The reception was at the University Club, which was just a short walk from the chapel. It was a also a very nice space. The food was pretty good for wedding food, and I will say that I was very impressed by how hot everything was when it got to our tables. Usually at these kinds of things the food is lukewarm at best when they’re serving 150 people at the same time. My one complaint is the DJ. The music was way too loud. I have never been to a wedding where you literally couldn’t talk to anyone at your table who wasn’t sitting right next to you without shouting. It made for a bit of an awkward dinner, and I felt bad for the guy at our table who didn’t know any of us anyway, but who it was very difficult for us to try and include in the conversation. The music levels got even worse once the dancing starting. I couldn’t stand to be on the dance floor for very long because the music was too loud. Even standing in the hallway area outside the music seemed too loud to me. This is something I have never experienced at a wedding before, and I was kind of disappointed because I always enjoy wedding dancing. So yo DJ whoever you are turn your music down a bit. I’m guessing you’re deaf by now, but the rest of us aren’t yet and don’t want to be.
The wedding also featured a Pittsburgh tradition: the cookie table. From what I gather from the weddings I’ve been to where these have existed is that close friends and family bake cookies and they are put out for people to eat while at the wedding. Then people are also supplied with boxes or bags of some sort to take cookies home with them as well. I don’t know the official count, but if everyone made the exact number of cookies they signed up for there was supposed to be 140 dozen cookies. I myself wound up with about 4 dozen more than I promised, so there may have been more that that. I had bought some wedding cookie cutters to make cookies for Tracie’s wedding several years ago, so I got the chance to use them again for Darra’s wedding. I could have made something simpler than cookies that had to be cut out and decorated, but I know everyone loves this recipe. I heard some people talking about them last night when they were getting cookies though, so I’m glad my effort did not go unappreciated. And yes there were so many cookies I couldn’t fit them all in one picture.

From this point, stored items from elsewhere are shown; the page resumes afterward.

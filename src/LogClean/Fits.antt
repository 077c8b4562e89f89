-- ===== src/LogClean/Fits.antt =====
-- What the size limit of `plan` (src/queuer/logclean.py) guarantees.
use custom_queuer.Prelude.{
  All, Bool-cases, List, [], arith, exists, false, false≢true, inl, inr, leb, refl, subst, sym,
  true, ℕ, ◌&&◌, ◌+◌, ◌-◌, ◌==◌, ◌∷◌, ◌≡◌, ◌≤◌, ◌⊎◌,
}
use custom_queuer.Tables.{Text, text_eq}
use custom_queuer.LogClean.{Candidate, Counted, choose_more, is_chosen, total_left}

-- One more path takes off at least the size of a counted file that has it.
total_left_drop :
    (chosen : List Text) (p : Text) (fs : List Counted)
    → total_left (p ∷ chosen) fs ≤ total_left chosen fs
unfolding total_left is_chosen
total_left_drop chosen p [] = ground arith
total_left_drop chosen p (f ∷ fs) = let rest = total_left_drop chosen p fs in ground arith

pub text_eq→≡ : (s t : Text) → text_eq s t ≡ true → s ≡ t
unfolding text_eq
text_eq→≡ [] [] h = refl
text_eq→≡ [] (b ∷ t) h = absurd (false≢true h)
text_eq→≡ (a ∷ s) [] h = absurd (false≢true h)
text_eq→≡ (a ∷ s) (b ∷ t) h = let rest = text_eq→≡ s t in ground (arith, h, rest)

pub text_eq_refl : (s : Text) → text_eq s s ≡ true
unfolding text_eq
text_eq_refl [] = refl
text_eq_refl (a ∷ s) = let rest = text_eq_refl s in ground arith

abbrev pub IsCounted : List Counted → Candidate → Type 0
IsCounted fs c = exists (λ g. text_eq g.path c.path && g.size == c.size) fs ≡ true

total_left_less :
    (chosen : List Text) (c : Candidate) (fs : List Counted)
    → IsCounted fs c
    → is_chosen chosen c.path ≡ false
    → total_left (c.path ∷ chosen) fs + c.size ≤ total_left chosen fs
unfolding total_left is_chosen exists
total_left_less chosen c [] h fresh = absurd (false≢true h)
total_left_less chosen c (f ∷ fs) h fresh = elim (Bool-cases (text_eq f.path c.path)) [
  | inl same ↦
      let path = text_eq→≡ f.path c.path same in
      let free = subst (λ p. is_chosen chosen p ≡ false) (sym path) fresh in
      let rest = total_left_less chosen c fs in
      let less = total_left_drop chosen c.path fs in ground arith
  | inr other ↦ let rest = total_left_less chosen c fs in ground arith
]

is_chosen-choose_more :
    (m : ℕ) (cs : List Candidate) (total : ℕ) (chosen : List Text) (p : Text)
    → is_chosen chosen p ≡ true
    → is_chosen (choose_more m cs total chosen) p ≡ true
unfolding choose_more is_chosen exists
is_chosen-choose_more m [] total chosen p h = h
is_chosen-choose_more m (c ∷ cs) total chosen p h =
    let kept = is_chosen-choose_more m cs total chosen p h in
    let more = is_chosen-choose_more m cs (total - c.size) (c.path ∷ chosen) p in ground arith

first_chosen : (p : Text) (chosen : List Text) → is_chosen (p ∷ chosen) p ≡ true
unfolding is_chosen exists
first_chosen p chosen = let same = text_eq_refl p in ground arith

-- The logs that are left fit, or every candidate is chosen.
abbrev pub Fits : ℕ → List Counted → List Candidate → List Text → Type 0
Fits m fs cs chosen = (total_left chosen fs ≤ m) ⊎ All (λ c. is_chosen chosen c.path ≡ true) cs

Fits-cons :
    (m : ℕ) (fs : List Counted) (c : Candidate) (cs : List Candidate) (chosen : List Text)
    → is_chosen chosen c.path ≡ true
    → Fits m fs cs chosen
    → Fits m fs (c ∷ cs) chosen
Fits-cons m fs c cs chosen here (inl fits) = inl fits
Fits-cons m fs c cs chosen here (inr all) = inr (here, all)

pub choose_more-Fits :
    (m : ℕ) (fs : List Counted) (cs : List Candidate) (total : ℕ) (chosen : List Text)
    → All (IsCounted fs) cs
    → total_left chosen fs ≤ total
    → Fits m fs cs (choose_more m cs total chosen)
unfolding choose_more
choose_more-Fits m fs [] total chosen counted le = inr tt
choose_more-Fits m fs (c ∷ cs) total chosen counted le = elim (Bool-cases (leb total m)) [
  | inl fits ↦ subst (Fits m fs (c ∷ cs)) (stops fits) (inl (ground arith))
  | inr large ↦ elim (Bool-cases (is_chosen chosen c.path)) [
    | inl taken ↦ subst (Fits m fs (c ∷ cs)) (skips large taken) (
        Fits-cons m fs c cs (choose_more m cs total chosen)
          (is_chosen-choose_more m cs total chosen c.path taken)
          (choose_more-Fits m fs cs total chosen counted.1 le))
    | inr fresh ↦ subst (Fits m fs (c ∷ cs)) (chooses large fresh) (
        Fits-cons m fs c cs (choose_more m cs (total - c.size) (c.path ∷ chosen))
          (is_chosen-choose_more m cs (total - c.size) (c.path ∷ chosen) c.path
            (first_chosen c.path chosen))
          (choose_more-Fits m fs cs (total - c.size) (c.path ∷ chosen) counted.1 (left_le fresh)))
  ]
]
  where
    left_le : is_chosen chosen c.path ≡ false → total_left (c.path ∷ chosen) fs ≤ total - c.size
    left_le fresh = let less = total_left_less chosen c fs counted.0 fresh in ground arith

    stops : leb total m ≡ true → chosen ≡ choose_more m (c ∷ cs) total chosen
    stops fits = rw fits refl

    skips :
        leb total m ≡ false
        → is_chosen chosen c.path ≡ true
        → choose_more m cs total chosen ≡ choose_more m (c ∷ cs) total chosen
    skips large taken = rw (large, taken) refl

    chooses :
        leb total m ≡ false
        → is_chosen chosen c.path ≡ false
        → choose_more m cs (total - c.size) (c.path ∷ chosen) ≡ choose_more m (c ∷ cs) total chosen
    chooses large fresh = rw (large, fresh) refl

As a bonus during the trip I also got to meet up with one of my Twitter friends in person. Amy is a fellow librarian who lives in Pittsburgh who I befriended over Twitter at some point in the last few years. I told her I was going to be up there for a wedding and asked if she wanted to get together while I was in town, so we made plans to meet up for brunch before we headed back to Baltimore this morning. We had a lovely brunch with her and her husband before heading home. It was great to get to meet her person finally. Even though she’s a librarian, she is what we in the profession call a special librarian meaning she doesn’t work in a public library, university library, or school library. They tend to run in different conference circles than the rest of us, so we don’t generally attend the same conferences, which is how I wind up meeting up with most of the library friends who I’ve met via Twitter. Hopefully we’ll see each other in real life again one day.
Overall it was a lovely wedding and a wonderful weekend. I am really happy for Darra and Henry. I wish them so much love and happiness in their new life together.